** WHAT THE TASK REQUIRES **
Find the line holding "-- document that" in the entries below. Give it again exactly, along with every line after it up to and including the line holding "let ((id, d, stored, same), alive, before_end, started)".

** Stored data entries **

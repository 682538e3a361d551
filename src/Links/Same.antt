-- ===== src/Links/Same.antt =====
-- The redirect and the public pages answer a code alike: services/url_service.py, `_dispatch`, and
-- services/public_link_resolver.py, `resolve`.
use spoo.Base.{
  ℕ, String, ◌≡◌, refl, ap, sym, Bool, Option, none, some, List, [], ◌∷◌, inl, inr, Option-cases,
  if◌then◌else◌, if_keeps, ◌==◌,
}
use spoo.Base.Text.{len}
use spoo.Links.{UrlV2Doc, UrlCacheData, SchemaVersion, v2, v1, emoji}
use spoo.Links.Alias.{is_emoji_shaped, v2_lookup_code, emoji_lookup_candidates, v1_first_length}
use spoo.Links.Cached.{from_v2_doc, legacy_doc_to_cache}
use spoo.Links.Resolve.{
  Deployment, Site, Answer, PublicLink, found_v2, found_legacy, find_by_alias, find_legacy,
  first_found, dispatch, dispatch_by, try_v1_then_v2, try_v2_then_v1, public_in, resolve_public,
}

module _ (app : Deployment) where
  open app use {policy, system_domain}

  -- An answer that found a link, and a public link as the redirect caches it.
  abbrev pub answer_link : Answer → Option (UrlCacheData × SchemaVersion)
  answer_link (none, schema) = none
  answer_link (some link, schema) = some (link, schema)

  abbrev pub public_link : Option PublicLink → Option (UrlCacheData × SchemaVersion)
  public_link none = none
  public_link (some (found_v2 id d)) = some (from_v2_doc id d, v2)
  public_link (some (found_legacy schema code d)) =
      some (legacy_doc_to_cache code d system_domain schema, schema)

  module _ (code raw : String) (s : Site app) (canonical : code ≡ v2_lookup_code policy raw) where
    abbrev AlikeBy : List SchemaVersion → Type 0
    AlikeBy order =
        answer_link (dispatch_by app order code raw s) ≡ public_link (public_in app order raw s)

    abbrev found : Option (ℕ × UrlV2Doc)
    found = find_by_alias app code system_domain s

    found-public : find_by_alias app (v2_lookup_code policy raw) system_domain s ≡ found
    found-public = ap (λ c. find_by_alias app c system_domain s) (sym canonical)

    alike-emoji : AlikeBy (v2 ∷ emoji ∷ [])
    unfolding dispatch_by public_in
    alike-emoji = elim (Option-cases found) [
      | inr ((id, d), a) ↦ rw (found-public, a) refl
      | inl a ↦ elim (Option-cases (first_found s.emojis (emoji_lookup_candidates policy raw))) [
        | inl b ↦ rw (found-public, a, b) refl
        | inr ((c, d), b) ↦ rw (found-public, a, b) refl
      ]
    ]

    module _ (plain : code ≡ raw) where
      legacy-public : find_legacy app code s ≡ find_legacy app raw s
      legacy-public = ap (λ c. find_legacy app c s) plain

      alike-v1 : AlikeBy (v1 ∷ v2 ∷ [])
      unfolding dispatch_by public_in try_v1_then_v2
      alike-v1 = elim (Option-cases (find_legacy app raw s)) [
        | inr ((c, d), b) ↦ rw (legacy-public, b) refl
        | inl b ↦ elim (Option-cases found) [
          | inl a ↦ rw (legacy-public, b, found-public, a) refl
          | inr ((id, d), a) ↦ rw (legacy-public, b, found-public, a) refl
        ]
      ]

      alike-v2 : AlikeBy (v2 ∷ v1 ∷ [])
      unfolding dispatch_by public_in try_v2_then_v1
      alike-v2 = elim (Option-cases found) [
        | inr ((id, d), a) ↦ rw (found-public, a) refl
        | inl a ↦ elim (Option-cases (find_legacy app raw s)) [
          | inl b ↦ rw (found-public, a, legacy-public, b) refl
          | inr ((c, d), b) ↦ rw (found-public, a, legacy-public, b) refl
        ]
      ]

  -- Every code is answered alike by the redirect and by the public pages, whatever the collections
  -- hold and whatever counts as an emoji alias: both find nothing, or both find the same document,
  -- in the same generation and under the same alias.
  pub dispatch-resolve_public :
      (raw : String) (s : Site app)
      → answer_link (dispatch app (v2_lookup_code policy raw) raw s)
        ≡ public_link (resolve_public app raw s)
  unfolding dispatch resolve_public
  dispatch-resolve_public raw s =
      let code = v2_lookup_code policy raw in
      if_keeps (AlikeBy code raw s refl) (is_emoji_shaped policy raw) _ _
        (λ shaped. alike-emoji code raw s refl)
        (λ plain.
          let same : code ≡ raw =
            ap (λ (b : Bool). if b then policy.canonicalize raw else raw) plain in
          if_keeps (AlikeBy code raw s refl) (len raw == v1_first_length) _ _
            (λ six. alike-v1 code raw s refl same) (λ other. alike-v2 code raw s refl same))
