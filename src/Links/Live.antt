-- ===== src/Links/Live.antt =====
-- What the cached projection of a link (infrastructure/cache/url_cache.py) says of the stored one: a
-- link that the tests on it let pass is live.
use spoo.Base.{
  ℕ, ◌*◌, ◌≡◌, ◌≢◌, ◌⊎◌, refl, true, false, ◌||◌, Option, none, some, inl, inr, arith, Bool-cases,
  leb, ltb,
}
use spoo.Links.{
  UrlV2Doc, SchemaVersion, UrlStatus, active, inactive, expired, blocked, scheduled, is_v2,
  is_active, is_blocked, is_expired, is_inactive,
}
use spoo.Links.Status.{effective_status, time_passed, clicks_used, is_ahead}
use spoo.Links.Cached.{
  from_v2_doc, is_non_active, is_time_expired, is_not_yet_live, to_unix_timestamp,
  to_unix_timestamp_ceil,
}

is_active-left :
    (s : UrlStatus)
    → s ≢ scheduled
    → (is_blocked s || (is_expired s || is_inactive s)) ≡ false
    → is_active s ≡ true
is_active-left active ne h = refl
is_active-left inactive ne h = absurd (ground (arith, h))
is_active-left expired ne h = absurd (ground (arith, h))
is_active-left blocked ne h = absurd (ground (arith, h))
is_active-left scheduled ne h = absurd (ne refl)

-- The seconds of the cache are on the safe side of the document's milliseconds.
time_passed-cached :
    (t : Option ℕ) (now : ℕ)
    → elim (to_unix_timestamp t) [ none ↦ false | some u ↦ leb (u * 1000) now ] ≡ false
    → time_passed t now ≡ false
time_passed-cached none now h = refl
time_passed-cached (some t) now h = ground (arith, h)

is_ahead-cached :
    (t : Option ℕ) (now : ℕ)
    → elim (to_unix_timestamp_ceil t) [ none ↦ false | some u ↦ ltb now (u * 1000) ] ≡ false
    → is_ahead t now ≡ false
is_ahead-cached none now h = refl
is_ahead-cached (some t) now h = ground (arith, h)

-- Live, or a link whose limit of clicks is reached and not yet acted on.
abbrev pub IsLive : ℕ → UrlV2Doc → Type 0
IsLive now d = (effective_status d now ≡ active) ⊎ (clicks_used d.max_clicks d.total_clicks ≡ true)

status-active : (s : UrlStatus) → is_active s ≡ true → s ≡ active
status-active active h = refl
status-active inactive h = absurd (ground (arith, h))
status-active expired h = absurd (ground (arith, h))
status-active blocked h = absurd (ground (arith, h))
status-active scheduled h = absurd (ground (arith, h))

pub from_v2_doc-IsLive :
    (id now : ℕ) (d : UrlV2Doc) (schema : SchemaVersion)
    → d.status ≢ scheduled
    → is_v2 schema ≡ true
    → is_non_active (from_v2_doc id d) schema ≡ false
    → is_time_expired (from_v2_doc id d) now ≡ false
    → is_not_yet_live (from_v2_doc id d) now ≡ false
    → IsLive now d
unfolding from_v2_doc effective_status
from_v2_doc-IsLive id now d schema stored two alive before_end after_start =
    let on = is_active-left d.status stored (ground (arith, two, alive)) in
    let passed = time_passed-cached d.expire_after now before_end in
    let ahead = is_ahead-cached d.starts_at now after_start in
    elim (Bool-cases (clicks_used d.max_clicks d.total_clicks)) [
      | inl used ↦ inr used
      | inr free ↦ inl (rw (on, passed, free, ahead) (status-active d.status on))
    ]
--
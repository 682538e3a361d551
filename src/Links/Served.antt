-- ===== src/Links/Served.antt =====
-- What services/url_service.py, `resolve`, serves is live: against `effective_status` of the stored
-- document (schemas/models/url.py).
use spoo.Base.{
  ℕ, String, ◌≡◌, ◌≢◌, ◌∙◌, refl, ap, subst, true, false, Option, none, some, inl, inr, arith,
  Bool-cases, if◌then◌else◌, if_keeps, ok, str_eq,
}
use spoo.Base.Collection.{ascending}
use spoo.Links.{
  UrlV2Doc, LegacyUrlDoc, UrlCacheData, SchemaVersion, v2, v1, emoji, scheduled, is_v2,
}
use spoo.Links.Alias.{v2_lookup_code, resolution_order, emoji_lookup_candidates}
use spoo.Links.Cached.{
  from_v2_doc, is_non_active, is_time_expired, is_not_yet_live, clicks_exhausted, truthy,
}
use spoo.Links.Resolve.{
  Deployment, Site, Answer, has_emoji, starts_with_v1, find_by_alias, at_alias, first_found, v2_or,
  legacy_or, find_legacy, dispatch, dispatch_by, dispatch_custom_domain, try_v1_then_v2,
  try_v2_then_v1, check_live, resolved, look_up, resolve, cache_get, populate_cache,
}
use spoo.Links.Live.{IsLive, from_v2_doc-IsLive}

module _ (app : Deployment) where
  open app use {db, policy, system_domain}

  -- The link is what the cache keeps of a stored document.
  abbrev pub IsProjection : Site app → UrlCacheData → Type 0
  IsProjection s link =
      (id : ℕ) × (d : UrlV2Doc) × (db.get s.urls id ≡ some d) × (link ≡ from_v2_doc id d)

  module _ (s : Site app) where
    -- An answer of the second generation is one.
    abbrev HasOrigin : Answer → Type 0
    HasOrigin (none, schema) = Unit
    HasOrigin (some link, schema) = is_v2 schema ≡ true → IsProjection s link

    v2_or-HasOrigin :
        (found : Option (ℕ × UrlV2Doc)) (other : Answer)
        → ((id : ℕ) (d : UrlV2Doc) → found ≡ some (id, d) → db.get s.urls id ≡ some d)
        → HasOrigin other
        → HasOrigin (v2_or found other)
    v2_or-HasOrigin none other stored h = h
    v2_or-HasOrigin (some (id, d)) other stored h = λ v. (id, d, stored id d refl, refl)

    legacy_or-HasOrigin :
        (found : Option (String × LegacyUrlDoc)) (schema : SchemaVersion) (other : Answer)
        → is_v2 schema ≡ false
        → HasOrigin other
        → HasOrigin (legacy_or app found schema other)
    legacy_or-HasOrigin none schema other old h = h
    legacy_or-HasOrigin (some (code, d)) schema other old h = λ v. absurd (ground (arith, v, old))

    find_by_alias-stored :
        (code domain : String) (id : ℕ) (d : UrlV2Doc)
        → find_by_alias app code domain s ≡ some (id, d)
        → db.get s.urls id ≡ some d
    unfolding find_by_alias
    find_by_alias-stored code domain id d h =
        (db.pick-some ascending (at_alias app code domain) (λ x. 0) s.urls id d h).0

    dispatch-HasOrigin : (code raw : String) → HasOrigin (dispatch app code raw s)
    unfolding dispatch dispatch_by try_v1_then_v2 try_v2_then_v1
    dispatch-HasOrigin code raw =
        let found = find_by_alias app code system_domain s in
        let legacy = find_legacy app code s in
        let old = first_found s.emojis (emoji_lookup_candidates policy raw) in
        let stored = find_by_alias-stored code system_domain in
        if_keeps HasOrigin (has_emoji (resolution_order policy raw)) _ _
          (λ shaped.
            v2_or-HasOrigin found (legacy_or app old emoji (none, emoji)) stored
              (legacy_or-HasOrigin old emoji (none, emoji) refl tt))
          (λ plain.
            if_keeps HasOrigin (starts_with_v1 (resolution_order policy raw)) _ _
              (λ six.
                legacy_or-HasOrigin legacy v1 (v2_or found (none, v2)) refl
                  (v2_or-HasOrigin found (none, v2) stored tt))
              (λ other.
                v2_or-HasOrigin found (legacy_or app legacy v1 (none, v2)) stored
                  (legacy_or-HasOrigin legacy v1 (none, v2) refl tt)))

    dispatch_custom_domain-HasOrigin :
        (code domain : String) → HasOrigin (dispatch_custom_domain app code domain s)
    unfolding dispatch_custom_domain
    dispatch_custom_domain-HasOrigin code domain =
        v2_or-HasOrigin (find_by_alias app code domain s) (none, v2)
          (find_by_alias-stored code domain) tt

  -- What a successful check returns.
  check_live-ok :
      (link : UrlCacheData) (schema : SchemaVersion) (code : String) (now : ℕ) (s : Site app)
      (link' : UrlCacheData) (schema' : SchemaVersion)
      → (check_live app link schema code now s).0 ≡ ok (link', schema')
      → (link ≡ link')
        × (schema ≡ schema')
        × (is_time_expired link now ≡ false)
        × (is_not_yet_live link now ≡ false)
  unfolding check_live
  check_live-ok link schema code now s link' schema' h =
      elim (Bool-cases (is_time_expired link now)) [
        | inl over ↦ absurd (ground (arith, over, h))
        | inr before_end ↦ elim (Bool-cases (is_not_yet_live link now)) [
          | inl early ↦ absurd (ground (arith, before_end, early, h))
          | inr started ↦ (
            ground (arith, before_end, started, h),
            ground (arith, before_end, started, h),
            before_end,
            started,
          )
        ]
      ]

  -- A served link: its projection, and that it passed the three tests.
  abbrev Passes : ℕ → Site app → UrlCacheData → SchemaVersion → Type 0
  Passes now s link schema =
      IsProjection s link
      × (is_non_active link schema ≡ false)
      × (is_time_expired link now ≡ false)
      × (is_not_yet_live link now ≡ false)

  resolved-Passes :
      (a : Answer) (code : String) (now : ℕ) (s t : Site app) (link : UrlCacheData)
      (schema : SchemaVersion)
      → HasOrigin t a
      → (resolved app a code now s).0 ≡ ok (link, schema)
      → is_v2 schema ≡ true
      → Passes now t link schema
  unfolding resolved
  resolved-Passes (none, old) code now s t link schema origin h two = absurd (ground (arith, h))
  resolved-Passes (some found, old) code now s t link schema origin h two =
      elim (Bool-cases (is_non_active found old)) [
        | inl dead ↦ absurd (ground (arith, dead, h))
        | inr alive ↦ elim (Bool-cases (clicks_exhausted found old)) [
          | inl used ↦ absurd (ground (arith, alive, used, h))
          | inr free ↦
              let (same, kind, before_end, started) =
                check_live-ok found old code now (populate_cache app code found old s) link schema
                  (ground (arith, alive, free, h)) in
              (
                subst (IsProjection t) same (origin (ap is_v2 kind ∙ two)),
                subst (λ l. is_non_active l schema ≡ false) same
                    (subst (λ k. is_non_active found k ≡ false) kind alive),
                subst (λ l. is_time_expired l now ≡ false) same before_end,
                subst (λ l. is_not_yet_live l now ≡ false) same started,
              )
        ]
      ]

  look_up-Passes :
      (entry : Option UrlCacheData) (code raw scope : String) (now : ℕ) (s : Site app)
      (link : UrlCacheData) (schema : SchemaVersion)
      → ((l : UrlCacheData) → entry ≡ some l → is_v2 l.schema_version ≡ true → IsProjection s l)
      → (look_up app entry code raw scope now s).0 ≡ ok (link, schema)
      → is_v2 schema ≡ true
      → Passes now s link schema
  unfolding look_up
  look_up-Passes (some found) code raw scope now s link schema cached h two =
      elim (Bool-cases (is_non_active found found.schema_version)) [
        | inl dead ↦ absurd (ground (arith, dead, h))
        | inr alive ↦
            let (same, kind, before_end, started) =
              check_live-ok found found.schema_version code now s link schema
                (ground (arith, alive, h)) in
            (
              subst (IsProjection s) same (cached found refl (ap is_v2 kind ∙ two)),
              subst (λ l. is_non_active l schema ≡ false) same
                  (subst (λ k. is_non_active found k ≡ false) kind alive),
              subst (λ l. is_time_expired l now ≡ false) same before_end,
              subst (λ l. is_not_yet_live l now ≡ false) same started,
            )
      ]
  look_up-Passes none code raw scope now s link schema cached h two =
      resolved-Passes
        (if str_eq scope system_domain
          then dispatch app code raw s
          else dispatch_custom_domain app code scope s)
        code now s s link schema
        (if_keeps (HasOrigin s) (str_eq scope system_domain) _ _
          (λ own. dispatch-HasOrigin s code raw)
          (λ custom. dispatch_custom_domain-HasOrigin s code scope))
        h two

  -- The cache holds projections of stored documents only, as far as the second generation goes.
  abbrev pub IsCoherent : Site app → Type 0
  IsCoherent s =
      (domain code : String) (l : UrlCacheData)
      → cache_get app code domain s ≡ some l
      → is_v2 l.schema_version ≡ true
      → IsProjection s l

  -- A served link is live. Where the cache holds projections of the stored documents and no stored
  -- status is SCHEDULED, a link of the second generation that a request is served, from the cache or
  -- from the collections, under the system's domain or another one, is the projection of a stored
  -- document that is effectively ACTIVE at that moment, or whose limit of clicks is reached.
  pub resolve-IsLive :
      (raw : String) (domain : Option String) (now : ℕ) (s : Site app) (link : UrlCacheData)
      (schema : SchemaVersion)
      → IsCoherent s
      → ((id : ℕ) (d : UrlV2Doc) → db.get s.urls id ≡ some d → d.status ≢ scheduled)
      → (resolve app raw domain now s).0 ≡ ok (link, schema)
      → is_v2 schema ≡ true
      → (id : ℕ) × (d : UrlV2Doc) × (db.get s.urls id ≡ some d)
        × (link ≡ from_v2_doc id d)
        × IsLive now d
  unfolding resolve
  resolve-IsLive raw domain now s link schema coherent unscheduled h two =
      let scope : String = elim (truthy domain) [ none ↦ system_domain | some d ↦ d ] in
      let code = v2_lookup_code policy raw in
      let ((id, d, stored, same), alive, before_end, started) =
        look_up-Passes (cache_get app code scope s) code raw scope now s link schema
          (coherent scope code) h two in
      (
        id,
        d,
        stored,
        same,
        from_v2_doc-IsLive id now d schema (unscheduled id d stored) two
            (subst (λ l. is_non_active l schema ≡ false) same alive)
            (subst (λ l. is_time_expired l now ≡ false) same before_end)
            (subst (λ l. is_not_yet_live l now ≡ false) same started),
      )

** OUTPUT OF THE EXERCISE **
  -- document that is effectively ACTIVE at that moment, or whose limit of clicks is reached.
  pub resolve-IsLive :
      (raw : String) (domain : Option String) (now : ℕ) (s : Site app) (link : UrlCacheData)
      (schema : SchemaVersion)
      → IsCoherent s
      → ((id : ℕ) (d : UrlV2Doc) → db.get s.urls id ≡ some d → d.status ≢ scheduled)
      → (resolve app raw domain now s).0 ≡ ok (link, schema)
      → is_v2 schema ≡ true
      → (id : ℕ) × (d : UrlV2Doc) × (db.get s.urls id ≡ some d)
        × (link ≡ from_v2_doc id d)
        × IsLive now d
  unfolding resolve
  resolve-IsLive raw domain now s link schema coherent unscheduled h two =
      let scope : String = elim (truthy domain) [ none ↦ system_domain | some d ↦ d ] in
      let code = v2_lookup_code policy raw in
      let ((id, d, stored, same), alive, before_end, started) =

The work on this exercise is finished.